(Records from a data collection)

________________________

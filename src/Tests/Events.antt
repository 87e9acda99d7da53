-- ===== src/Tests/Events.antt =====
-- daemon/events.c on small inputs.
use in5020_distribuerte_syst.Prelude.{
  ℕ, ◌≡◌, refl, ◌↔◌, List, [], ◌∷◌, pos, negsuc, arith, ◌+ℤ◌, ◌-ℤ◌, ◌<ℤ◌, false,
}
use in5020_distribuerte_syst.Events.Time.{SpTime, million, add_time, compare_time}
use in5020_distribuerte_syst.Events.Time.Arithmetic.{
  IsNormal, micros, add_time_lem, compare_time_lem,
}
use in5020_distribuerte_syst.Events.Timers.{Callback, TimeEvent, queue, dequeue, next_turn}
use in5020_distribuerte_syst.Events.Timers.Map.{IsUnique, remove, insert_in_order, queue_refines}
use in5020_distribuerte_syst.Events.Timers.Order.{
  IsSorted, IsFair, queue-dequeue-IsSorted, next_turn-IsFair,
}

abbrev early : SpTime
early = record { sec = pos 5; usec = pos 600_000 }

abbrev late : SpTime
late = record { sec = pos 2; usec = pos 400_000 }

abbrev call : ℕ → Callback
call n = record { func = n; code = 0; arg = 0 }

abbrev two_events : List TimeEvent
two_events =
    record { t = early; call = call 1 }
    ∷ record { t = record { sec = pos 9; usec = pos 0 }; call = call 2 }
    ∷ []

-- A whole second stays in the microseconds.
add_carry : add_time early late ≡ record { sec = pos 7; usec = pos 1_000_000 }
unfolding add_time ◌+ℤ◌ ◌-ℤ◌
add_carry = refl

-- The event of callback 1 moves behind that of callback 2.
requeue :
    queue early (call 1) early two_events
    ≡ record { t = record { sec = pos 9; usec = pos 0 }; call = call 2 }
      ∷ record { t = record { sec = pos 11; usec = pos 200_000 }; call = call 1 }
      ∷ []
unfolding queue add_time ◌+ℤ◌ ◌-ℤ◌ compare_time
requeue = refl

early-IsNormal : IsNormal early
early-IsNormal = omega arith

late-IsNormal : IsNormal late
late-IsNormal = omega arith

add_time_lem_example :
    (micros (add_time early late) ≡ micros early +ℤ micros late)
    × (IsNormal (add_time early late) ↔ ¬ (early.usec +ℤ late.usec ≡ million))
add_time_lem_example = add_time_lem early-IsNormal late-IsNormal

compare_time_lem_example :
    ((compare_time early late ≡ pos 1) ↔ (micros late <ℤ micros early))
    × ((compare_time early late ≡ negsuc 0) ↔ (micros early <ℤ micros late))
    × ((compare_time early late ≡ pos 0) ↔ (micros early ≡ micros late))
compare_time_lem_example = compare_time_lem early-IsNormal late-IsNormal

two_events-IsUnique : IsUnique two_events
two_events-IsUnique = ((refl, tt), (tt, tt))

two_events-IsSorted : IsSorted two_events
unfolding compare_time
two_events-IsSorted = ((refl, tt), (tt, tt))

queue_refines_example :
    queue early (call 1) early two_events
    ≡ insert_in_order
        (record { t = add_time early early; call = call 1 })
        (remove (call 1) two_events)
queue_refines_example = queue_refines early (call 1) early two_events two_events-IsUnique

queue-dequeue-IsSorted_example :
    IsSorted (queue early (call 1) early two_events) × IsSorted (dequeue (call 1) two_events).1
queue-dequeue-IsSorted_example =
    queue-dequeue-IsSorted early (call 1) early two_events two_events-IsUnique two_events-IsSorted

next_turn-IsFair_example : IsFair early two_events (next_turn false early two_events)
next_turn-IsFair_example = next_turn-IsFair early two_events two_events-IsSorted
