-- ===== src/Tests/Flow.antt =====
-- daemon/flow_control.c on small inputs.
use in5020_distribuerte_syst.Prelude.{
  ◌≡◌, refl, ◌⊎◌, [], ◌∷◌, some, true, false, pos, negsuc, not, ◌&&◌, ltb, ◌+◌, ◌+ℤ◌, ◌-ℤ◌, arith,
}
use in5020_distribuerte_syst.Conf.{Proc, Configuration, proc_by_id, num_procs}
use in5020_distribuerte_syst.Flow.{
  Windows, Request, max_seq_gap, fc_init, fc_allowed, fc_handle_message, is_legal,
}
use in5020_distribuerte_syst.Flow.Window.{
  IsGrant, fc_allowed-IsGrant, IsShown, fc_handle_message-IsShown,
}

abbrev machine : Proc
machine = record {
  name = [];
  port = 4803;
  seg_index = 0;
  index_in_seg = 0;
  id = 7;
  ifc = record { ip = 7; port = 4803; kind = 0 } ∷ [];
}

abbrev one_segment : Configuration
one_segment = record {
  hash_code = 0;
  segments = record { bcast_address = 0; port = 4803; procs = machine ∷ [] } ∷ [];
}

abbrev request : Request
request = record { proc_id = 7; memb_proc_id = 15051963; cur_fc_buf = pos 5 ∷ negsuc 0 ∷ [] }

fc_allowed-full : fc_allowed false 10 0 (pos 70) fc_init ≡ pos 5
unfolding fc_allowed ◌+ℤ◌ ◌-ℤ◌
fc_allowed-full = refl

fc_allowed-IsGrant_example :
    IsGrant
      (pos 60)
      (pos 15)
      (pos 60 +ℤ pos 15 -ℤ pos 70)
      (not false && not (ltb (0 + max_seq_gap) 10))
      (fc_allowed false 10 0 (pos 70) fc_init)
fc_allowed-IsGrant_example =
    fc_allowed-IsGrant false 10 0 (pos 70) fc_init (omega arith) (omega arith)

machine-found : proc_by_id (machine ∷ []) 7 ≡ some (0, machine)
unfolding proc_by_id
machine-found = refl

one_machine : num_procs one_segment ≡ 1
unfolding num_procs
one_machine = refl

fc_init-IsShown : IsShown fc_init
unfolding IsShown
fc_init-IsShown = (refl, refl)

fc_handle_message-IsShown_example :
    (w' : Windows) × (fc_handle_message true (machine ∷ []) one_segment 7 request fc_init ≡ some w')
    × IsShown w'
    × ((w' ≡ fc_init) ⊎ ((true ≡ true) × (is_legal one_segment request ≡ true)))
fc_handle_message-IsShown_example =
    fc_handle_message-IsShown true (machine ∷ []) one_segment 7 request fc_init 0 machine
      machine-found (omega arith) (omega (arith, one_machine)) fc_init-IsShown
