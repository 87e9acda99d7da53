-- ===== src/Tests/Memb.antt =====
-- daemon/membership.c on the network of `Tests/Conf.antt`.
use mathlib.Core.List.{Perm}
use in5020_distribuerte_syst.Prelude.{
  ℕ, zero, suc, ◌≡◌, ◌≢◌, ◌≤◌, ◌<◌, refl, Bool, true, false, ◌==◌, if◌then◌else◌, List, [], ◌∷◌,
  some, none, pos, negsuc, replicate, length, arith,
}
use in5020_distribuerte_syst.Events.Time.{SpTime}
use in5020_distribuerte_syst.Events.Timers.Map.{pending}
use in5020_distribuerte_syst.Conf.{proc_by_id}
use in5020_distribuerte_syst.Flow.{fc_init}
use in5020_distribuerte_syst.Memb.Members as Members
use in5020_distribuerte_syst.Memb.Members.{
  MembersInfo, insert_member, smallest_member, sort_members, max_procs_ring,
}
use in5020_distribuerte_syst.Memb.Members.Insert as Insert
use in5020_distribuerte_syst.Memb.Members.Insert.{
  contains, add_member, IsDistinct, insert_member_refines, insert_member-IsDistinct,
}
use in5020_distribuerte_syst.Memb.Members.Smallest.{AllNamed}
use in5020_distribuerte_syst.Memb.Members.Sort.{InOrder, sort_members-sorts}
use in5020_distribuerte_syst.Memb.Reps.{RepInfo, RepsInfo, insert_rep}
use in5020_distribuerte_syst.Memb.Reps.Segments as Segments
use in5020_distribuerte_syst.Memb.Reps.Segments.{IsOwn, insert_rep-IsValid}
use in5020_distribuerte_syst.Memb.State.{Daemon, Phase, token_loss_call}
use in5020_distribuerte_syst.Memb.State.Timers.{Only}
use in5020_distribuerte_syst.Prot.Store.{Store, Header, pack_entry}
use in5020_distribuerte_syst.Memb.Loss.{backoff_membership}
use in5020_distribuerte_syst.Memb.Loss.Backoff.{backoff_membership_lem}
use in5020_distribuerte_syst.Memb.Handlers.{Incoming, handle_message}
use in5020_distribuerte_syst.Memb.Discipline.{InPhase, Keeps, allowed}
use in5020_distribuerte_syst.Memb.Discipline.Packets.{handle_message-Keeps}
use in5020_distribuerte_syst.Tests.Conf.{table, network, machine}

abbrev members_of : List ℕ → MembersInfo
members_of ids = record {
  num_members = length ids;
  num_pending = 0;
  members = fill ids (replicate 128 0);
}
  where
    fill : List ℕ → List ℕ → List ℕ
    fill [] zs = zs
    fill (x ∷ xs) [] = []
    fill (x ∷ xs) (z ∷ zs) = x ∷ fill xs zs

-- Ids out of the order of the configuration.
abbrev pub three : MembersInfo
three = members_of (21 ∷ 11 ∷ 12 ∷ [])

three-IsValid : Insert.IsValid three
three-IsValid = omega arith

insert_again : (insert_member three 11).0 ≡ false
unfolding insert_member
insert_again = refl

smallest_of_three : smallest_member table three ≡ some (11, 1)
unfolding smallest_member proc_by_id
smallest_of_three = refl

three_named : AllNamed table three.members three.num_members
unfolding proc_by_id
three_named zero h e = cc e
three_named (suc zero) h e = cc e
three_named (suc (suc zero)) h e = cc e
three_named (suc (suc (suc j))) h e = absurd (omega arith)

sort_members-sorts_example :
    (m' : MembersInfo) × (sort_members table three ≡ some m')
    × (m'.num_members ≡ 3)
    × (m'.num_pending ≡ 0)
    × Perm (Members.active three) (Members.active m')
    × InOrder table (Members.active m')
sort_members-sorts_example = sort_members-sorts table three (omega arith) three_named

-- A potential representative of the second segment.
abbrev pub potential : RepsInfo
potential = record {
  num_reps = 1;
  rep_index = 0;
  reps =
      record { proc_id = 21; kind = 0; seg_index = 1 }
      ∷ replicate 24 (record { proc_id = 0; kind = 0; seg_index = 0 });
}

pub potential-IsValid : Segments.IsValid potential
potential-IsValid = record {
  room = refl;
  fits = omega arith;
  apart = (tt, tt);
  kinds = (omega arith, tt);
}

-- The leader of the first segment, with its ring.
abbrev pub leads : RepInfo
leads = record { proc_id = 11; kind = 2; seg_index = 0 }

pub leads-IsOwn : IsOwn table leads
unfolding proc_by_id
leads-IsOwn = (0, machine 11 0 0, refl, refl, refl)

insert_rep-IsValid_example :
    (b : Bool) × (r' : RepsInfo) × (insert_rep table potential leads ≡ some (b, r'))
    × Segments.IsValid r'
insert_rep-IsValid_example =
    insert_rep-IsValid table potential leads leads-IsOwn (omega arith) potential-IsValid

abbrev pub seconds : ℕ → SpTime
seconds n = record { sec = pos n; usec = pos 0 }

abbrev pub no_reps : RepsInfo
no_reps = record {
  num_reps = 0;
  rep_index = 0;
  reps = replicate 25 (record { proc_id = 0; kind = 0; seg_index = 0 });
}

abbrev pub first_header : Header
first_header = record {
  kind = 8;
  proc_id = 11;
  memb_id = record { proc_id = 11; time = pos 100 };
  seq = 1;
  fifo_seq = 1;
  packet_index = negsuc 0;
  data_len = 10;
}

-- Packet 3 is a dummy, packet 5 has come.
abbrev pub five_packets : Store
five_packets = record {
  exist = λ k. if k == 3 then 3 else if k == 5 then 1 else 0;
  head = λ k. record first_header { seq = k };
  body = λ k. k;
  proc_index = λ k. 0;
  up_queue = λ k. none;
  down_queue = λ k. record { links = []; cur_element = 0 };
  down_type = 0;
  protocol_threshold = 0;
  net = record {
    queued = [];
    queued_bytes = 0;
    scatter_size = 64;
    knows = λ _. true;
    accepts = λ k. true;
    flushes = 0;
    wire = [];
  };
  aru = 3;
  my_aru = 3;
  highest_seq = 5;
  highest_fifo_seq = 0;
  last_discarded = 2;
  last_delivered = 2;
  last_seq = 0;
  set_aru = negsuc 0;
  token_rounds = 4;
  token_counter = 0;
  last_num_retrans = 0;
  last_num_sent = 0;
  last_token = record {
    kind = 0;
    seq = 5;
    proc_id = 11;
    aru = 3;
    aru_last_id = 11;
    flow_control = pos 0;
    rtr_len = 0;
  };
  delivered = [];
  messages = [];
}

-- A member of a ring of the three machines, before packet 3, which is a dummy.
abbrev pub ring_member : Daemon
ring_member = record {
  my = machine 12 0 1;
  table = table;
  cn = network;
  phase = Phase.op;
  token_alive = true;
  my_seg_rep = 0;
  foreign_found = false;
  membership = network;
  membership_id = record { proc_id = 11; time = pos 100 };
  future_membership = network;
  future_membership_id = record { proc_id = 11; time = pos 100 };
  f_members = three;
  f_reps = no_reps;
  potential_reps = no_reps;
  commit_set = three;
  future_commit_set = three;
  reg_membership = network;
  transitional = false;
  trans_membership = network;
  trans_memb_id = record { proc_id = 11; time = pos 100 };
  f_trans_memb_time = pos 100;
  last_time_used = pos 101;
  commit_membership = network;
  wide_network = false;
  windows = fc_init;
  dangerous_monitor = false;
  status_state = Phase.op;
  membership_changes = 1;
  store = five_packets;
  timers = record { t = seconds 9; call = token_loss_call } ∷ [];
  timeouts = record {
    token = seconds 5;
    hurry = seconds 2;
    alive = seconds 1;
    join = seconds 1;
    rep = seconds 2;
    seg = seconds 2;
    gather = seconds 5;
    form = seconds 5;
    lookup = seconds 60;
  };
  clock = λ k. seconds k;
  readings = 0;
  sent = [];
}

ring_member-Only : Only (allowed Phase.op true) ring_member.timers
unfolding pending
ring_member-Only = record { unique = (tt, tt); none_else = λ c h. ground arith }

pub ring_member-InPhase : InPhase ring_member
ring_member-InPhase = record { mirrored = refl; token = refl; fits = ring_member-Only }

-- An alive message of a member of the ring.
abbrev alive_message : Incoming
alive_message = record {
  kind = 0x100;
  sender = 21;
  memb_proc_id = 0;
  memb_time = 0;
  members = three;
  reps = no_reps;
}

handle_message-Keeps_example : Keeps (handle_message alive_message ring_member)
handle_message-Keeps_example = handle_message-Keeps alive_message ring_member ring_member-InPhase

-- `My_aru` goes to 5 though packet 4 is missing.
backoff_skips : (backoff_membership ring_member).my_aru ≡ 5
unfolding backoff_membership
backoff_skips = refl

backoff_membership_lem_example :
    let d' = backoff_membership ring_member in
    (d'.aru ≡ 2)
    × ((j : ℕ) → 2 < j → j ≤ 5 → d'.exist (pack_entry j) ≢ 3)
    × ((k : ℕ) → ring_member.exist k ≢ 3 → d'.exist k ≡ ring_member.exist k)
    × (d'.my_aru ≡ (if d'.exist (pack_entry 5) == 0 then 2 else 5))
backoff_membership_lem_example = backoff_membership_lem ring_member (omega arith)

________________________

Required work:
Please output exactly the lines between the one holding "abbrev late : SpTime" and the one holding "two_events-IsUnique = ((refl, tt), (tt, tt))" in the records above, inclusive, and nothing more.

Result for this task:
abbrev late : SpTime
late = record { sec = pos 2; usec = pos 400_000 }

abbrev call : ℕ → Callback
call n = record { func = n; code = 0; arg = 0 }

abbrev two_events : List TimeEvent
two_events =
    record { t = early; call = call 1 }
    ∷ record { t = record { sec = pos 9; usec = pos 0 }; call = call 2 }
    ∷ []

-- A whole second stays in the microseconds.
add_carry : add_time early late ≡ record { sec = pos 7; usec = pos 1_000_000 }
unfolding add_time ◌+ℤ◌ ◌-ℤ◌
add_carry = refl

-- The event of callback 1 moves behind that of callback 2.
requeue :
    queue early (call 1) early two_events
    ≡ record { t = record { sec = pos 9; usec = pos 0 }; call = call 2 }
      ∷ record { t = record { sec = pos 11; usec = pos 200_000 }; call = call 1 }
      ∷ []
unfolding queue add_time ◌+ℤ◌ ◌-ℤ◌ compare_time
requeue = refl

early-IsNormal : IsNormal early
early-IsNormal = omega arith

late-IsNormal : IsNormal late
late-IsNormal = omega arith

add_time_lem_example :
    (micros (add_time early late) ≡ micros early +ℤ micros late)
    × (IsNormal (add_time early late) ↔ ¬ (early.usec +ℤ late.usec ≡ million))
add_time_lem_example = add_time_lem early-IsNormal late-IsNormal

compare_time_lem_example :
    ((compare_time early late ≡ pos 1) ↔ (micros late <ℤ micros early))
    × ((compare_time early late ≡ negsuc 0) ↔ (micros early <ℤ micros late))
    × ((compare_time early late ≡ pos 0) ↔ (micros early ≡ micros late))
compare_time_lem_example = compare_time_lem early-IsNormal late-IsNormal

two_events-IsUnique : IsUnique two_events
two_events-IsUnique = ((refl, tt), (tt, tt))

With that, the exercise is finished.